Dispatching field engineers to fix smart meters can quickly grow costly. Image used courtesy of Adobe Stock
Designing the Next Generation of Smart Meters
Many metering vendors attempt to address resilience by increasing hardware capacity, for example by adding larger flash memory to accommodate frequent data backups. However, this approach raises the bill of materials by $1–$5 per device and adds unnecessary hardware complexity. A more efficient alternative is to engineer resilience through software, using lightweight, embedded systems designed to maximize data integrity, fault tolerance, and storage efficiency without inflating hardware costs.
Flash-aware, transactional, copy-on-write file systems are essential here. Tuxera’s solutions manage flash wear, handle high-frequency data logging, and recover rapidly from sudden power losses. Unlike traditional journaling file systems, which require time-consuming replays on every reboot, these file systems can recover in as little as 20 ms while maintaining 100% data integrity, even after enduring a large number of power interruptions. This enables accurate billing and immediate service resumption, no matter how unstable the grid environment may be.
Our file systems achieve this resilience through dynamic transaction points and copy-on-write mechanisms. These techniques safeguard the consistency of both metadata and user data. They ensure that the system can always return to a known good state without lengthy disk checks or manual intervention, minimizing downtime and service disruption.
Importantly, these file systems are designed for minimal resource use. In the highly constrained environments typical of smart meters, solutions like the Tuxera Edge File System can operate with as little as 4 KB of RAM and 11 KB of ROM, delivering robust performance without demanding additional hardware or expanding the device footprint.
Many smart meters run on proprietary or real-time operating systems, including custom variants developed by OEMs. Because of this, file systems must be portable and easily adaptable to diverse platforms. This gives OEMs greater flexibility to modify or upgrade their hardware designs without having to overhaul their file systems or embedded software.
While porting may still be required, using a portable file system reduces reliance on in-house development and minimizes the engineering overhead. By relying on proven, adaptable file system architectures, manufacturers can streamline integration, avoid costly re-architecture, and accelerate time-to-market while maintaining system reliability.

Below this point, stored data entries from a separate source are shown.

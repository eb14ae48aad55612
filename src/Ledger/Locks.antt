-- ===== src/Ledger/Locks.antt =====
-- The order of `lockAndLoadWallets` in Api/src/modules/transactions/transactions.service.ts, on
-- which the absence of deadlocks between postings rests.
use vaultchain_fintech_dashb.Prelude.{
  ℕ, true, ◌||◌, List, [], ◌∷◌, ◌≡◌, refl, arith, any, all, all-weaken, ltb, ◌==◌, Bool-cases, inl,
  inr, ok, ◌++◌,
}
use vaultchain_fintech_dashb.Ledger.Plan.{PlannedLeg, PostingPlan, CreateTransactionDto}
use vaultchain_fintech_dashb.Ledger.Execute.{insert_id, lock_order, contains, Env, execute_plan}
use vaultchain_fintech_dashb.Ledger.Store.{Db, TransactionSnapshot}
use vaultchain_fintech_dashb.Ledger.Execute.Outcome.{execute_plan-Executed}

-- Each id is below all that follow it, so no id is there twice.
abbrev pub IsAscending : List ℕ → Type 0
IsAscending [] = Unit
IsAscending (x ∷ xs) = (all (λ y. ltb x y) xs ≡ true) × IsAscending xs

insert_id-above :
    (z x : ℕ) (ys : List ℕ)
    → ltb z x ≡ true
    → all (λ y. ltb z y) ys ≡ true
    → all (λ y. ltb z y) (insert_id x ys) ≡ true
insert_id-above z x [] below h = rw below refl
insert_id-above z x (y ∷ ys) below h = ground (arith, insert_id-above z x ys)

insert_id-IsAscending : (x : ℕ) (ys : List ℕ) → IsAscending ys → IsAscending (insert_id x ys)
insert_id-IsAscending x [] h = (refl, tt)
insert_id-IsAscending x (y ∷ ys) (least, rest) = elim (Bool-cases (x == y)) [
  | inl e ↦ rw e (least, rest)
  | inr differ ↦ elim (Bool-cases (ltb x y)) [
    | inl e ↦
        let further = all-weaken (λ z. ltb y z) (λ z. ltb x z) ys (λ z h. ground arith) least in
        rw (differ, e) (rw (e, further) refl, (least, rest))
    | inr e ↦
        let above : ltb y x ≡ true = ground arith in
        rw (differ, e) (insert_id-above y x ys above least, insert_id-IsAscending x ys rest)
  ]
]

insert_id-contains :
    (z x : ℕ) (ys : List ℕ) → contains z (insert_id x ys) ≡ (x == z || contains z ys)
insert_id-contains z x [] = ground arith
insert_id-contains z x (y ∷ ys) = ground (arith, insert_id-contains z x ys)

lock_order-contains :
    (z : ℕ) (ls : List PlannedLeg) → contains z (lock_order ls) ≡ any (λ l. l.wallet_id == z) ls
unfolding lock_order
lock_order-contains z [] = refl
lock_order-contains z (l ∷ ls) =
    rw (insert_id-contains z l.wallet_id (lock_order ls), lock_order-contains z ls) refl

ascending : (ls : List PlannedLeg) → IsAscending (lock_order ls)
unfolding lock_order
ascending [] = tt
ascending (l ∷ ls) = insert_id-IsAscending l.wallet_id (lock_order ls) (ascending ls)

-- A posting that returns has asked for the locks of its wallets in one order, that of their ids, each
-- wallet once, and for exactly the wallets of its legs.
pub execute_plan-IsAscending :
    (env : Env) (plan : PostingPlan) (dto : CreateTransactionDto) (key z : ℕ) (db t : Db)
    (snap : TransactionSnapshot)
    → execute_plan env plan dto key db ≡ (ok snap, t)
    → (ids : List ℕ) × (t.lock_log ≡ db.lock_log ++ ids)
      × IsAscending ids
      × (contains z ids ≡ any (λ l. l.wallet_id == z) plan.legs)
execute_plan-IsAscending env plan dto key z db t snap h = (
  lock_order plan.legs,
  (execute_plan-Executed env plan dto key db t snap h).locks,
  ascending plan.legs,
  lock_order-contains z plan.legs,
)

Overall, these software solutions enable smart meter manufacturers to extend device lifespans from 18 years to over 30 years, significantly reduce maintenance costs and unexpected replacements, and ensure consistent, reliable data accuracy throughout the meters’ operational life. This helps utilities and OEMs stay compliant with evolving regulatory demands and meet their long-term ESG commitments.
Key Takeaways
As the energy and water sectors become increasingly digital, resilient embedded design will determine which smart meter manufacturers lead the field. For engineers, this calls for a shift to a systems-level mindset that treats software not as an afterthought but as a core enabler of device performance and longevity.
For business leaders, it means treating data integrity not as a technical challenge but as a business-critical capability. By embedding intelligence into the heart of smart meters, the industry can reduce data errors and deliver on the full promise of infrastructure modernization.